The location of justice slips in and out of focus, as we try to navigate these numinous and ambiguous boundaries between self and other, part and whole, earth and us, sacred and not-unsacred. We enter the presence of earthy gods with awe and trepidation, knowing not only their might and power, but also their vulnerability and receptivity, their responsiveness and fluidity. Though Appleby might describe symbol, emotion and intellect as paltry tools for communicating the ultimate Divine — we understand that our rituals and stories, far from inadequate, are simply expressions, entrenched and rooted in the rich, changeable integrity of the natural world, both sacred and strange. We can only just glimpse that wholeness not because it is beyond us, but because we are in it.

This is poetry, though, and poetry is inadequate because it is not ordinary, not familiar enough or simple enough.

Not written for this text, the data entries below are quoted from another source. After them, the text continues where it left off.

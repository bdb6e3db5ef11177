-- ===== src/Cron/Errors.antt =====
-- The errors of the parser of management/cron.go.
use kplayer_go.Prelude.{
  ℕ, ◌≡◌, ◌≢◌, refl, Bool, true, false, List, [], ◌∷◌, arith, ◌⊎◌, inl, inr, ap, ◌∙◌,
}
use kplayer_go.Prelude.Lists.{length}
use kplayer_go.Prelude.Text.{trim_codes}
use kplayer_go.Model.{Err, invalid, plain}
use kplayer_go.Result.{Result, ok, err, Result-cases}
use kplayer_go.Cron.Scan.{Names, month_names, dow_names, fields, split}
use kplayer_go.Cron.{
  CronField, Cron, parse_value, parse_step, parse_range, parse_field_part, parse_parts, parse_field,
  parse_fields, parse_cron,
}

-- Not an error, or one that wraps no sentinel.
abbrev is_plain : Err → Bool
is_plain plain = true
is_plain _ = false

abbrev fine_or_plain : {A : Type 0} → Result A → Bool
fine_or_plain (ok a) = true
fine_or_plain (err e) = is_plain e

parse_value_plain :
    (s : List ℕ) (min max : ℕ) (names : Names) → fine_or_plain (parse_value s min max names) ≡ true
unfolding parse_value
parse_value_plain s min max names = ground arith

parse_step_plain : (part : List ℕ) → fine_or_plain (parse_step part) ≡ true
unfolding parse_step
parse_step_plain part = ground arith

parse_range_plain :
    (part : List ℕ) (f : CronField) (names : Names)
    → fine_or_plain (parse_range part f names) ≡ true
unfolding parse_range
parse_range_plain part f names = grind (arith, parse_value_plain)

parse_field_part_plain :
    (part : List ℕ) (f : CronField) (names : Names)
    → fine_or_plain (parse_field_part part f names) ≡ true
unfolding parse_field_part
parse_field_part_plain part f names = elim (Result-cases (parse_step part)) [
  | inr (x, e) ↦ ground (arith, e, parse_step_plain part)
  | inl ((range_part, step), e) ↦ ground (arith, e, parse_range_plain range_part f names)
]

parse_parts_plain :
    (parts : List (List ℕ)) (f : CronField) (names : Names)
    → fine_or_plain (parse_parts parts f names) ≡ true
unfolding parse_parts
parse_parts_plain [] f names = refl
parse_parts_plain (part ∷ parts) f names =
    elim (Result-cases (parse_field_part (trim_codes part) f names)) [
      | inl (g, e) ↦ rw e (parse_parts_plain parts g names)
      | inr (x, e) ↦ rw e (ground (arith, e, parse_field_part_plain (trim_codes part) f names))
    ]

parse_field_plain :
    (tok : List ℕ) (min max : ℕ) (names : Names)
    → fine_or_plain (parse_field tok min max names) ≡ true
unfolding parse_field
parse_field_plain tok min max names = ground (
  arith,
  parse_parts_plain (split b',' (trim_codes tok))
      (record { min = min; max = max; values = []; star = false }) names,
)

parse_fields_plain :
    (a b c d e : List ℕ) → fine_or_plain (parse_fields (a ∷ b ∷ c ∷ d ∷ e ∷ [])) ≡ true
unfolding parse_fields
parse_fields_plain a b c d e = ground (
  arith,
  parse_field_plain a 0 59 [],
  parse_field_plain b 0 23 [],
  parse_field_plain c 1 31 [],
  parse_field_plain d 1 12 month_names,
  parse_field_plain e 0 7 dow_names,
)

plain_error : {A : Type 0} (r : Result A) (x : Err) → fine_or_plain r ≡ true → r ≡ err x → x ≡ plain
plain_error (ok a) x h e = cc
plain_error (err plain) x h e = cc
plain_error (err _) x h e = cc

-- How a parse of fields may end.
abbrev Ends : List (List ℕ) → Result Cron → Type 0
Ends fs r =
    ((length fs ≢ 5) × (r ≡ err invalid))
    ⊎ ((length fs ≡ 5) × ((r ≡ err plain) ⊎ ((c : Cron) × (r ≡ ok c))))

parse_fields-error : (fs : List (List ℕ)) → Ends fs (parse_fields fs)
unfolding parse_fields
parse_fields-error [] = inl (λ q. omega arith, refl)
parse_fields-error (a ∷ []) = inl (λ q. omega arith, refl)
parse_fields-error (a ∷ b ∷ []) = inl (λ q. omega arith, refl)
parse_fields-error (a ∷ b ∷ c ∷ []) = inl (λ q. omega arith, refl)
parse_fields-error (a ∷ b ∷ c ∷ d ∷ []) = inl (λ q. omega arith, refl)
parse_fields-error (a ∷ b ∷ c ∷ d ∷ e ∷ []) =
    let r = parse_fields (a ∷ b ∷ c ∷ d ∷ e ∷ []) in
    inr (
      refl,
      elim (Result-cases r) [
        | inl (v, p) ↦ inr (v, p)
        | inr (x, p) ↦ inl (p ∙ ap err (plain_error r x (parse_fields_plain a b c d e) p))
      ],
    )
parse_fields-error (a ∷ b ∷ c ∷ d ∷ e ∷ f ∷ fs) = inl (λ q. omega arith, refl)

-- How `ParseCron` ends: it reports an error that wraps ErrInvalid exactly where the number of
-- fields is not five; with five fields it gives an expression, or an error that wraps no sentinel.
pub parse_cron-error :
    (expr : List ℕ)
    → ((length (fields expr) ≢ 5) × (parse_cron expr ≡ err invalid))
      ⊎ ((length (fields expr) ≡ 5)
          × ((parse_cron expr ≡ err plain) ⊎ ((c : Cron) × (parse_cron expr ≡ ok c))))
unfolding parse_cron
parse_cron-error expr = parse_fields-error (fields expr)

The old tree bent low and propped itself up against the ground, as it has for more than a thousand years, and people wandered into its shadows for a while, took a few pictures, and wandered out again. Listening to their murmuring negotiations with cameras and poses, they sounded to me like serious children arranging their loves like soft-faced dolls, carefully, delicately, around the feet of the world. And though prayer was liquid and impossible, running away from me, I closed my eyes and pressed both hands against the trunk, and tried for something like Great One, Old One… before, swimming up through my palms came a new sensation, of space and light and a lattice-work of curving, crystalline bone suspended almost as weightless as air in all directions, above and below, root and limb engaged effortlessly with earth and water and wind and sun, and this ancient accidental Angel laughed an emptiness that would be young and new when all of us had long since grown heavy and sagging with the heap of years. My partner said to me, “Trees are made of air,” and I said, “And of sugar.” And then it was time to leave.